No no no no. Even though I realize that relatively few people do ratings and especially reviews of the products they purchase on The Marketplace, the idea of pushing 'overpriced' products to the top of relevance search lists is abhorrant to me. The truth is that the "cheap things" are more likely to have lower customer ratings as a general tendency anyway. And it seems that LL already push higher priced things further up on the relevance search list to some degree as it stands presently.

 

First, let me say that, of course sales are gonna be erratic. The site could barely stay up, for more than 2 week straight. You can't really compare sales for anything in that kind of environment.

Rating and reviews are now a pain in the butt, all because LL had to listen to the complainers. It was like the first time they ever listened to any of us and they chose the worst topic to actually do something about. Xstreet's strategy was WAY better for every1. Yes, people could just vote you down, but those votes always became irrelevant as time went on, because lots of customers rated items. Now, no1 rates items. Heck, just finding the rating section is a chore. Even when you do find it, the actual items you purchased will be pages back, if you don't rate it right away, as enhancements are also included. Rating products you purchased should be 2nd nature. Now, if some1 gives you a bad review, you are just stuck with it until some other customer actually finds where to review it. We won't even know about the bad review unless we check every single product regularly.
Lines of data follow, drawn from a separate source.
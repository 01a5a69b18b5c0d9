-- ===== src/Rlp/Decode.antt =====
-- A reference decoder of RLP items, and what it reads from the encoder's output.
use polymarket_cpp_client.Prelude.{
  ℕ, zero, suc, ◌+◌, ◌-◌, ◌*◌, ◌/◌, ◌%◌, ◌^◌, ◌<◌, ◌≤◌, ◌≡◌, refl, ap, ◌∙◌, inl, inr, Bool, true,
  false, Option, none, some, [], ◌∷◌, ◌++◌, Bytes, length, take, drop, ltb, leb, ◌==◌,
  if◌then◌else◌, arith, length-append, append_assoc, Bool-cases, ==_iff,
}
use polymarket_cpp_client.Uint.Value.{value, value-nil}
use polymarket_cpp_client.Rlp.{
  length_loop, minimal_length_bytes, with_header, rlp_encode_bytes, rlp_encode_uint,
  skip_zero_bytes,
}
use native.Mathlib.Nat.{pow-suc}

-- The loop puts the bytes of n before those that it has; with rounds enough none is lost.
value-length_loop :
    (rounds n : ℕ) (bytes : Bytes)
    → n < 256 ^ rounds
    → value (length_loop rounds n bytes) ≡ n * 256 ^ length bytes + value bytes
unfolding length_loop value
value-length_loop zero n bytes h =
    let none_left : n ≡ 0 = omega arith in
    omega (arith, ap (λ (t : ℕ). t * 256 ^ length bytes) none_left)
value-length_loop (suc rounds) n bytes h = elim (Bool-cases (n == 0)) [
  | inl done ↦
      rw (done, length_loop)
        (ground (arith, ap (λ (t : ℕ). t * 256 ^ length bytes) ((==_iff n 0).0 done)))
  | inr more ↦
      let small : n / 256 < 256 ^ rounds = omega (arith, pow-suc 256 rounds) in
      rw (more, length_loop)
        (value-length_loop rounds (n / 256) ((n % 256) ∷ bytes) small ∙ regroup)
]
  where
    p : ℕ
    p = 256 ^ length bytes

    split : n / 256 * 256 + n % 256 ≡ n
    split = omega arith

    regroup : n / 256 * 256 ^ suc (length bytes) + (n % 256 * p + value bytes) ≡ n * p + value bytes
    regroup = omega (
      arith,
      ap (λ (t : ℕ). n / 256 * t) (pow-suc 256 (length bytes)),
      ap (λ (t : ℕ). t * p) split,
    )

length-length_loop-le :
    (rounds n : ℕ) (bytes : Bytes) → length (length_loop rounds n bytes) ≤ rounds + length bytes
unfolding length_loop
length-length_loop-le zero n bytes = omega arith
length-length_loop-le (suc rounds) n bytes =
    ground (arith, length-length_loop-le rounds (n / 256) ((n % 256) ∷ bytes))

length-length_loop-ge :
    (rounds n : ℕ) (bytes : Bytes) → length bytes ≤ length (length_loop rounds n bytes)
unfolding length_loop
length-length_loop-ge zero n bytes = omega arith
length-length_loop-ge (suc rounds) n bytes =
    ground (arith, length-length_loop-ge rounds (n / 256) ((n % 256) ∷ bytes))

-- A length below 2^64 is written in full, in one to eight bytes where it is not zero.
minimal_length_bytes_lem :
    (n : ℕ)
    → 0 < n
    → n < 2 ^ 64
    → (value (minimal_length_bytes n) ≡ n)
      × (0 < length (minimal_length_bytes n))
      × (length (minimal_length_bytes n) ≤ 8)
unfolding minimal_length_bytes
minimal_length_bytes_lem n some_length small = (
  omega (arith, value-length_loop 8 n [] small, value-nil),
  unfold length_loop in ground (arith, length-length_loop-ge 7 (n / 256) ((n % 256) ∷ [])),
  omega (arith, length-length_loop-le 8 n []),
)

-- The first n bytes and the rest, where there are so many.
unfoldable pub split_at : ℕ → Bytes → Option (Bytes × Bytes)
split_at n s = if leb n (length s) then some (take n s, drop n s) else none

take-length : (xs ys : Bytes) → take (length xs) (xs ++ ys) ≡ xs
take-length [] ys = refl
take-length (x ∷ xs) ys = ap (◌∷◌ x) (take-length xs ys)

drop-length : (xs ys : Bytes) → drop (length xs) (xs ++ ys) ≡ ys
drop-length [] ys = refl
drop-length (x ∷ xs) ys = drop-length xs ys

split_at-append : (xs ys : Bytes) → split_at (length xs) (xs ++ ys) ≡ some (xs, ys)
unfolding split_at
split_at-append xs ys = ground (arith, length-append xs ys, take-length xs ys, drop-length xs ys)

-- One item of RLP, by the Ethereum specification: whether it is a list, its payload, and the bytes
-- behind it.
abbrev pub Item : Type 0
Item = Bool × Bytes × Bytes

tagged : Bool → Option (Bytes × Bytes) → Option Item
tagged list none = none
tagged list (some (payload, rest)) = some (list, payload, rest)

-- A payload whose length stands in k bytes before it.
long_payload : ℕ → Bytes → Option (Bytes × Bytes)
long_payload k s = split_at (value (take k s)) (drop k s)

unfoldable pub rlp_decode : Bytes → Option Item
unfolding tagged long_payload
rlp_decode [] = none
rlp_decode (b ∷ s) =
    if ltb b 0x80
    then some (false, b ∷ [], s)
    else if ltb b 0xb8
    then tagged false (split_at (b - 0x80) s)
    else if ltb b 0xc0
    then tagged false (long_payload (b - 0xb7) s)
    else if ltb b 0xf8
    then tagged true (split_at (b - 0xc0) s)
    else tagged true (long_payload (b - 0xf7) s)

long_payload-append :
    (size payload rest : Bytes)
    → value size ≡ length payload
    → long_payload (length size) ((size ++ payload) ++ rest) ≡ some (payload, rest)
unfolding long_payload
long_payload-append size payload rest e =
    rw
      (
        append_assoc size payload rest,
        take-length size (payload ++ rest),
        drop-length size (payload ++ rest),
        e,
      )
      (split_at-append payload rest)

-- The header that the encoder puts before a payload is read back, for both pairs of bases.
pub rlp_decode-with_header :
    (payload rest : Bytes)
    → length payload < 2 ^ 64
    → (rlp_decode (with_header 0x80 0xb7 payload ++ rest) ≡ some (false, payload, rest))
      × (rlp_decode (with_header 0xc0 0xf7 payload ++ rest) ≡ some (true, payload, rest))
unfolding rlp_decode with_header
rlp_decode-with_header payload rest small = elim (Bool-cases (ltb (length payload) 56)) [
  | inl short ↦
      rw short
        (ground (arith, split_at-append payload rest), ground (arith, split_at-append payload rest))
  | inr long ↦
      let size : Bytes = minimal_length_bytes (length payload) in
      let (val, some_size, few) = minimal_length_bytes_lem (length payload) (ground arith) small in
      let read = long_payload-append size payload rest val in
      rw long (ground (arith, read), ground (arith, read))
]

-- Every string shorter than 2^64 bytes is read back from its encoding, whatever follows.
pub rlp_decode-rlp_encode_bytes :
    (bytes rest : Bytes)
    → length bytes < 2 ^ 64
    → rlp_decode (rlp_encode_bytes bytes ++ rest) ≡ some (false, bytes, rest)
unfolding rlp_encode_bytes
rlp_decode-rlp_encode_bytes [] rest small = (rlp_decode-with_header [] rest small).0
rlp_decode-rlp_encode_bytes (b ∷ []) rest small = elim (Bool-cases (ltb b 0x80)) [
  | inl low ↦ rw low (unfold rlp_decode in rw low)
  | inr high ↦ rw high (rlp_decode-with_header (b ∷ []) rest small).0
]
rlp_decode-rlp_encode_bytes (b ∷ c ∷ s) rest small =
    ground (arith, (rlp_decode-with_header (b ∷ c ∷ s) rest small).0)

length-with_header :
    (short long : ℕ) (payload : Bytes) → length payload < length (with_header short long payload)
unfolding with_header
length-with_header short long payload =
    ground (arith, length-append (minimal_length_bytes (length payload)) payload)

pub length-rlp_encode_bytes :
    (bytes : Bytes)
    → (length bytes ≤ length (rlp_encode_bytes bytes)) × (0 < length (rlp_encode_bytes bytes))
unfolding rlp_encode_bytes
length-rlp_encode_bytes bytes = ground (arith, length-with_header 0x80 0xb7 bytes)

-- No leading zero byte, as the specification wants of a scalar.
abbrev pub IsScalar : Bytes → Type 0
IsScalar [] = Unit {0}
IsScalar (b ∷ bs) = 0 < b

skip_zero_bytes_lem :
    (bs : Bytes)
    → IsScalar (skip_zero_bytes bs)
      × (value (skip_zero_bytes bs) ≡ value bs)
      × (length (skip_zero_bytes bs) ≤ length bs)
unfolding skip_zero_bytes value
skip_zero_bytes_lem [] = (tt, refl, omega arith)
skip_zero_bytes_lem (b ∷ bs) = ground (arith, skip_zero_bytes_lem bs)

-- A big-endian number is read back as the bytes of the same number without leading zeros.
pub rlp_decode-rlp_encode_uint :
    (big_endian rest : Bytes)
    → length big_endian < 2 ^ 64
    → (scalar : Bytes) × (rlp_decode (rlp_encode_uint big_endian ++ rest)
        ≡ some (false, scalar, rest))
      × IsScalar scalar
      × (value scalar ≡ value big_endian)
unfolding rlp_encode_uint
rlp_decode-rlp_encode_uint big_endian rest small =
    let (canonical, same, shorter) = skip_zero_bytes_lem big_endian in
    (
      skip_zero_bytes big_endian,
      rlp_decode-rlp_encode_bytes (skip_zero_bytes big_endian) rest (omega arith),
      canonical,
      same,
    )
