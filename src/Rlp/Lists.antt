-- ===== src/Rlp/Lists.antt =====
-- A list of strings is read back from its encoding.
use polymarket_cpp_client.Prelude.{
  ℕ, zero, suc, ◌^◌, ◌-◌, ◌<◌, ◌≡◌, refl, true, false, Option, none, some, List, [], ◌∷◌, Bytes,
  length, arith, length-append, map, append-nil,
}
use polymarket_cpp_client.Rlp.{concat_items, rlp_encode_bytes, rlp_encode_list}
use polymarket_cpp_client.Rlp.Decode.{
  rlp_decode, rlp_decode-with_header, rlp_decode-rlp_encode_bytes, length-rlp_encode_bytes,
}

-- The payloads of the strings that follow one another; `none` at a list or where an item is cut.
unfoldable pub decode_strings : ℕ → Bytes → Option (List Bytes)
decode_strings zero s = none
decode_strings (suc fuel) [] = some []
decode_strings (suc fuel) (b ∷ s) = elim (rlp_decode (b ∷ s)) [
  | some (false, payload, rest) ↦ elim (decode_strings fuel rest) [
    | none ↦ none
    | some items ↦ some (payload ∷ items)
  ]
  | _ ↦ none
]

-- A list of strings and nothing behind it.
unfoldable pub decode_string_list : Bytes → Option (List Bytes)
decode_string_list s = elim (rlp_decode s) [
  | some (true, payload, []) ↦ decode_strings (suc (length payload)) payload
  | _ ↦ none
]

decode_strings-cons :
    (fuel : ℕ) (s payload rest : Bytes)
    → 0 < length s
    → rlp_decode s ≡ some (false, payload, rest)
    → decode_strings (suc fuel) s
      ≡ elim (decode_strings fuel rest) [ none ↦ none | some items ↦ some (payload ∷ items) ]
unfolding decode_strings
decode_strings-cons fuel [] payload rest h e = absurd (omega arith)
decode_strings-cons fuel (b ∷ s) payload rest h e = rw (e, decode_strings)

decode_strings-concat_items :
    (fuel : ℕ) (items : List Bytes)
    → length (concat_items (map rlp_encode_bytes items)) < fuel
    → fuel < 2 ^ 64
    → decode_strings fuel (concat_items (map rlp_encode_bytes items)) ≡ some items
unfolding decode_strings concat_items
decode_strings-concat_items zero items h small = absurd (omega arith)
decode_strings-concat_items (suc fuel) [] h small = refl
decode_strings-concat_items (suc fuel) (item ∷ items) h small =
    let tail : Bytes = concat_items (map rlp_encode_bytes items) in
    let whole = length-append (rlp_encode_bytes item) tail in
    let (longer, some_bytes) = length-rlp_encode_bytes item in
    let read = rlp_decode-rlp_encode_bytes item tail (omega (arith, whole)) in
    let ih = decode_strings-concat_items fuel items (omega (arith, whole)) (omega arith) in
    rw (decode_strings-cons fuel _ item tail (omega (arith, whole)) read, ih)

-- The encoding of a list of strings is read back as those strings, in order, where the whole payload
-- is below the size of memory.
pub decode_string_list-rlp_encode_list :
    (items : List Bytes)
    → length (concat_items (map rlp_encode_bytes items)) < 2 ^ 64 - 1
    → decode_string_list (rlp_encode_list (map rlp_encode_bytes items)) ≡ some items
unfolding decode_string_list rlp_encode_list
decode_string_list-rlp_encode_list items h =
    let payload : Bytes = concat_items (map rlp_encode_bytes items) in
    let read : rlp_decode (rlp_encode_list (map rlp_encode_bytes items))
        ≡ some (true, payload, []) =
      rw append-nil at (rlp_decode-with_header payload [] (omega arith)).1 in
    rw (read, decode_string_list)
      (decode_strings-concat_items (suc (length payload)) items (omega arith) (omega arith))
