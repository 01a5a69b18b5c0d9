-- ===== src/Rlp/Examples.antt =====
-- Encodings of the words of the RLP specification.
use polymarket_cpp_client.Prelude.{
  ◌≡◌, refl, ◌<◌, ◌^◌, ◌-◌, [], ◌∷◌, ◌++◌, map, some, false, Bytes, arith, codes, length,
}
use polymarket_cpp_client.Uint.Value.{value}
use polymarket_cpp_client.Rlp.{
  rlp_encode_bytes, rlp_encode_uint, rlp_encode_list, concat_items, with_header,
}
use polymarket_cpp_client.Rlp.Decode.{
  rlp_decode, IsScalar, rlp_decode-rlp_encode_bytes, rlp_decode-rlp_encode_uint,
}
use polymarket_cpp_client.Rlp.Lists.{decode_string_list, decode_string_list-rlp_encode_list}

dog : rlp_encode_bytes (codes "dog") ≡ 0x83 ∷ codes "dog"
unfolding rlp_encode_bytes with_header
dog = refl

rlp_decode-rlp_encode_bytes_example :
    rlp_decode (rlp_encode_bytes (codes "dog") ++ codes "cat")
    ≡ some (false, codes "dog", codes "cat")
rlp_decode-rlp_encode_bytes_example =
    rlp_decode-rlp_encode_bytes (codes "dog") (codes "cat") (omega arith)

rlp_decode-rlp_encode_uint_example :
    (scalar : Bytes) × (rlp_decode (rlp_encode_uint (0 ∷ 4 ∷ 0 ∷ []) ++ [])
      ≡ some (false, scalar, []))
    × IsScalar scalar
    × (value scalar ≡ value (0 ∷ 4 ∷ 0 ∷ []))
rlp_decode-rlp_encode_uint_example = rlp_decode-rlp_encode_uint (0 ∷ 4 ∷ 0 ∷ []) [] (omega arith)

two_words :
    concat_items (map rlp_encode_bytes (codes "cat" ∷ codes "dog" ∷ []))
    ≡ 0x83 ∷ codes "cat" ++ 0x83 ∷ codes "dog"
unfolding rlp_encode_bytes with_header concat_items
two_words = refl

short : length (concat_items (map rlp_encode_bytes (codes "cat" ∷ codes "dog" ∷ []))) < 2 ^ 64 - 1
short = rw two_words (omega arith)

decode_string_list-rlp_encode_list_example :
    decode_string_list (rlp_encode_list (map rlp_encode_bytes (codes "cat" ∷ codes "dog" ∷ [])))
    ≡ some (codes "cat" ∷ codes "dog" ∷ [])
decode_string_list-rlp_encode_list_example =
    decode_string_list-rlp_encode_list (codes "cat" ∷ codes "dog" ∷ []) short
As far as how products should be listed, Xstreet also had it right. The default results are just a reference, and there are options to change this afterward. So, if some1 is looking for cheap, it's 1 click away. To purposely show cheap items by default is just plain stupid from a marketing standpoint. You are guaranteeing that you will make less money. Now, best selling is not a bad way to go, but you still should filter out the cheapest items, as those can still easily be found. Just my opinions.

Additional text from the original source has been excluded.